-------- Recorded data --------
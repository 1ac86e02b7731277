-- ===== src/Task/Phases.antt =====
-- The cases of runPhases in internal/task/phases.go other than VERIFY and FINALIZE: one turn of the
-- driver in each. What a turn asks of the world is a record of answers, `none` or `false` for an error.
use local_engineer.Prelude.{
  suc, Bool, true, false, not, ◌&&◌, ◌||◌, List, [], ◌∷◌, ◌++◌, Option, none, some, leb,
  if◌then◌else◌, any, is_empty, ◌==◌, ◌then_check◌,
}
use local_engineer.GoStrings.{Text, text_eq}
use local_engineer.Graph.{Impact}
use local_engineer.Worktree.{FileSystem}
use local_engineer.Firewall.{Access, check_access}
use local_engineer.Recipe.{Preset, RunResult}
use local_engineer.Workflow.{Phase}
use local_engineer.Workflow.Plan.{
  Plan, PlanError, validate, validate_obligations, validate_regeneration,
}
use local_engineer.Workflow.Failure.{environmental}
use local_engineer.Task.{State}
use local_engineer.Task.Verify.{
  Transcript, no_transcript, Work, Why, index_stale, environment, prefix_unknown,
  localization_failed, grant_denied, drifted_transcript, attempts_exhausted, engine_failed,
  not_declared_done, replans_exhausted, review_failed, review_rejected, Turn, crashed, stopped,
  moved, World, move,
}

-- INTAKE, LOCALIZE and IMPACT.
pub record Opening : Type 0 where
  pub discovered : Option (List Preset)
  pub refreshed : Bool
  pub baseline : Option (List RunResult)
  pub prefix_built : Bool
  pub localized : Bool
  pub impact : Option (Option Impact)

-- PLANNING: the plan that the model returns, and what it is checked against.
pub record Planner : Type 0 where
  pub planned : Option Plan
  pub scope : List Text
  pub files : FileSystem
  pub worktree : Text
  pub correction : Option PlanError → RunResult

-- EDIT: the answer of the engine.
pub record Response : Type 0 where
  pub transcript : Transcript
  pub exhausted : Bool
  pub claims_done : Bool
  pub summary : RunResult

pub record Editor : Type 0 where
  pub packed : Bool
  pub response : Option Response

-- REVIEW: the verdict and its findings.
pub record Reviewer : Type 0 where
  pub diff_read : Bool
  pub verdict : Option (Bool × RunResult)

-- The presets are frozen once.
unfoldable pub freeze : Opening → World → Work → (Work → Turn) → Turn
freeze o v w rest =
    if is_empty w.presets
    then elim o.discovered [
      | none ↦ stopped State.blocked Why.presets_unknown w
      | some presets ↦ if v.saves then rest (record w { presets = presets }) else crashed
    ]
    else rest w

unfoldable pub take_baseline : Opening → World → Work → Turn
take_baseline o v w =
    if not o.refreshed then stopped State.blocked index_stale w else elim o.baseline [
      | none ↦ crashed
      | some results ↦
          if any environmental results
          then stopped State.blocked environment (record w { baseline = results })
          else if not o.prefix_built
          then stopped State.blocked prefix_unknown (record w { baseline = results })
          else move v Phase.localize (record w { baseline = results })
    ]

unfoldable pub intake : Opening → World → Work → Turn
intake o v w = freeze o v w (take_baseline o v)

unfoldable pub localize : Opening → World → Work → Turn
localize o v w =
    if o.localized then move v Phase.impact w else stopped State.blocked localization_failed w

unfoldable pub assess : Opening → World → Work → Turn
assess o v w = elim o.impact [
  | none ↦ crashed
  | some impact ↦ move v Phase.planning (record w { impact = impact })
]

-- The three checks of a plan, the first error of them.
unfoldable pub plan_error : Planner → Work → Plan → Option PlanError
plan_error p w plan =
    validate plan p.scope
    then_check validate_obligations plan w.impact
    then_check validate_regeneration plan w.presets

-- A rejected plan is made again, within the bound on replans; the driver stays in PLANNING.
unfoldable pub plan_again : Planner → World → Option PlanError → Work → Turn
plan_again p v e w =
    if leb 2 w.replans
    then stopped State.blocked replans_exhausted w
    else if v.saves
    then moved (record w { replans = suc w.replans; feedback = p.correction e ∷ [] })
    else crashed

-- Every write grant must be one that the attempt may use.
unfoldable pub grants_allowed : Planner → World → List Text → List Text → Bool
grants_allowed p v scope [] = true
grants_allowed p v scope (file ∷ files) =
    let rest = grants_allowed p v scope files in
    let access : Access = record { write_scope = scope; protected = v.policies } in
    elim (check_access p.files access p.worktree file true) [ none ↦ rest | some denied ↦ false ]

unfoldable pub planning : Planner → World → Work → Turn
planning p v w = elim p.planned [
  | none ↦ plan_again p v none w
  | some plan ↦ elim (plan_error p w plan) [
    | some e ↦ plan_again p v (some e) w
    | none ↦
        if grants_allowed p v plan.write_allowlist plan.write_allowlist
        then move v Phase.edit (record w { plan = plan; edit = no_transcript })
        else stopped State.blocked grant_denied w
  ]
]

-- The turn after the engine has answered.
unfoldable pub edited : World → Response → Work → Turn
edited v r w =
    if r.exhausted
    then if leb w.edit.messages 2 || leb 2 w.replans
      then stopped State.blocked replans_exhausted w
      else move v Phase.planning
          (record w { replans = suc w.replans; feedback = w.feedback ++ r.summary ∷ [] })
    else if not r.claims_done
    then stopped State.blocked not_declared_done w
    else move v Phase.verify w

unfoldable pub drifted : Work → Bool
drifted w =
    not w.edit.pending
    && not (is_empty w.edit.candidate)
    && not (text_eq w.edit.candidate w.candidate)

-- A new attempt is counted when its transcript is empty.
abbrev pub counted : Work → Work
counted w = record w { attempts = if w.edit.messages == 0 then suc w.attempts else w.attempts }

unfoldable pub edit : Editor → World → Work → Turn
edit d v w =
    if drifted w
    then stopped State.blocked drifted_transcript w
    else if leb v.max_attempts w.attempts && w.edit.messages == 0
    then stopped State.failed attempts_exhausted w
    else if not d.packed
    then crashed
    else elim d.response [
      | none ↦ stopped State.blocked engine_failed (counted w)
      | some r ↦ edited v r (record (counted w) { edit = r.transcript })
    ]

unfoldable pub review : Reviewer → World → Work → Turn
review d v w = if not d.diff_read then crashed else elim d.verdict [
  | none ↦ stopped State.blocked review_failed w
  | some (true, findings) ↦ move v Phase.finalize w
  | some (false, findings) ↦
      if leb v.max_attempts w.attempts
      then stopped State.failed review_rejected w
      else move v Phase.edit (record w { feedback = findings ∷ []; edit = no_transcript })
]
--------
◆ **Requirement**
Retype all of the material, keeping each line exact.

◆ **Solution to the problem**
repository 1ac86e02b7731277
-- ===== src/Task/Phases.antt =====
-- The cases of runPhases in internal/task/phases.go other than VERIFY and FINALIZE: one turn of the
-- driver in each. What a turn asks of the world is a record of answers, `none` or `false` for an error.
use local_engineer.Prelude.{
  suc, Bool, true, false, not, ◌&&◌, ◌||◌, List, [], ◌∷◌, ◌++◌, Option, none, some, leb,
  if◌then◌else◌, any, is_empty, ◌==◌, ◌then_check◌,
}
use local_engineer.GoStrings.{Text, text_eq}
use local_engineer.Graph.{Impact}
use local_engineer.Worktree.{FileSystem}
use local_engineer.Firewall.{Access, check_access}
use local_engineer.Recipe.{Preset, RunResult}
use local_engineer.Workflow.{Phase}
use local_engineer.Workflow.Plan.{
  Plan, PlanError, validate, validate_obligations, validate_regeneration,
}
use local_engineer.Workflow.Failure.{environmental}
use local_engineer.Task.{State}
use local_engineer.Task.Verify.{
  Transcript, no_transcript, Work, Why, index_stale, environment, prefix_unknown,
  localization_failed, grant_denied, drifted_transcript, attempts_exhausted, engine_failed,
  not_declared_done, replans_exhausted, review_failed, review_rejected, Turn, crashed, stopped,
  moved, World, move,
}

-- INTAKE, LOCALIZE and IMPACT.
pub record Opening : Type 0 where
  pub discovered : Option (List Preset)
  pub refreshed : Bool
  pub baseline : Option (List RunResult)
  pub prefix_built : Bool
  pub localized : Bool
  pub impact : Option (Option Impact)

-- PLANNING: the plan that the model returns, and what it is checked against.
pub record Planner : Type 0 where
  pub planned : Option Plan
  pub scope : List Text
  pub files : FileSystem
  pub worktree : Text
  pub correction : Option PlanError → RunResult

-- EDIT: the answer of the engine.
pub record Response : Type 0 where
  pub transcript : Transcript
  pub exhausted : Bool
  pub claims_done : Bool
  pub summary : RunResult

pub record Editor : Type 0 where
  pub packed : Bool
  pub response : Option Response

-- REVIEW: the verdict and its findings.
pub record Reviewer : Type 0 where
  pub diff_read : Bool
  pub verdict : Option (Bool × RunResult)

-- The presets are frozen once.
unfoldable pub freeze : Opening → World → Work → (Work → Turn) → Turn
freeze o v w rest =
    if is_empty w.presets
    then elim o.discovered [
      | none ↦ stopped State.blocked Why.presets_unknown w
      | some presets ↦ if v.saves then rest (record w { presets = presets }) else crashed
    ]
    else rest w

unfoldable pub take_baseline : Opening → World → Work → Turn
take_baseline o v w =
    if not o.refreshed then stopped State.blocked index_stale w else elim o.baseline [
      | none ↦ crashed
      | some results ↦
          if any environmental results
          then stopped State.blocked environment (record w { baseline = results })
          else if not o.prefix_built
          then stopped State.blocked prefix_unknown (record w { baseline = results })
          else move v Phase.localize (record w { baseline = results })
    ]

unfoldable pub intake : Opening → World → Work → Turn
intake o v w = freeze o v w (take_baseline o v)

unfoldable pub localize : Opening → World → Work → Turn
localize o v w =
    if o.localized then move v Phase.impact w else stopped State.blocked localization_failed w

unfoldable pub assess : Opening → World → Work → Turn
assess o v w = elim o.impact [
  | none ↦ crashed
  | some impact ↦ move v Phase.planning (record w { impact = impact })
]

-- The three checks of a plan, the first error of them.
unfoldable pub plan_error : Planner → Work → Plan → Option PlanError
plan_error p w plan =
    validate plan p.scope
    then_check validate_obligations plan w.impact
    then_check validate_regeneration plan w.presets

-- A rejected plan is made again, within the bound on replans; the driver stays in PLANNING.
unfoldable pub plan_again : Planner → World → Option PlanError → Work → Turn
plan_again p v e w =
    if leb 2 w.replans
    then stopped State.blocked replans_exhausted w
    else if v.saves
    then moved (record w { replans = suc w.replans; feedback = p.correction e ∷ [] })
    else crashed

-- Every write grant must be one that the attempt may use.
unfoldable pub grants_allowed : Planner → World → List Text → List Text → Bool
grants_allowed p v scope [] = true
grants_allowed p v scope (file ∷ files) =
    let rest = grants_allowed p v scope files in
    let access : Access = record { write_scope = scope; protected = v.policies } in
    elim (check_access p.files access p.worktree file true) [ none ↦ rest | some denied ↦ false ]

unfoldable pub planning : Planner → World → Work → Turn
planning p v w = elim p.planned [
  | none ↦ plan_again p v none w
  | some plan ↦ elim (plan_error p w plan) [
    | some e ↦ plan_again p v (some e) w
    | none ↦
        if grants_allowed p v plan.write_allowlist plan.write_allowlist
        then move v Phase.edit (record w { plan = plan; edit = no_transcript })
        else stopped State.blocked grant_denied w
  ]
]

-- The turn after the engine has answered.
unfoldable pub edited : World → Response → Work → Turn
edited v r w =
    if r.exhausted
    then if leb w.edit.messages 2 || leb 2 w.replans
      then stopped State.blocked replans_exhausted w
      else move v Phase.planning
          (record w { replans = suc w.replans; feedback = w.feedback ++ r.summary ∷ [] })
    else if not r.claims_done
    then stopped State.blocked not_declared_done w
    else move v Phase.verify w

unfoldable pub drifted : Work → Bool
drifted w =
    not w.edit.pending
    && not (is_empty w.edit.candidate)
    && not (text_eq w.edit.candidate w.candidate)

-- A new attempt is counted when its transcript is empty.
abbrev pub counted : Work → Work
counted w = record w { attempts = if w.edit.messages == 0 then suc w.attempts else w.attempts }

unfoldable pub edit : Editor → World → Work → Turn
edit d v w =
    if drifted w
    then stopped State.blocked drifted_transcript w
    else if leb v.max_attempts w.attempts && w.edit.messages == 0
    then stopped State.failed attempts_exhausted w
    else if not d.packed
    then crashed
    else elim d.response [
      | none ↦ stopped State.blocked engine_failed (counted w)
      | some r ↦ edited v r (record (counted w) { edit = r.transcript })
    ]

unfoldable pub review : Reviewer → World → Work → Turn
review d v w = if not d.diff_read then crashed else elim d.verdict [
  | none ↦ stopped State.blocked review_failed w
  | some (true, findings) ↦ move v Phase.finalize w
  | some (false, findings) ↦
      if leb v.max_attempts w.attempts
      then stopped State.failed review_rejected w
      else move v Phase.edit (record w { feedback = findings ∷ []; edit = no_transcript })
]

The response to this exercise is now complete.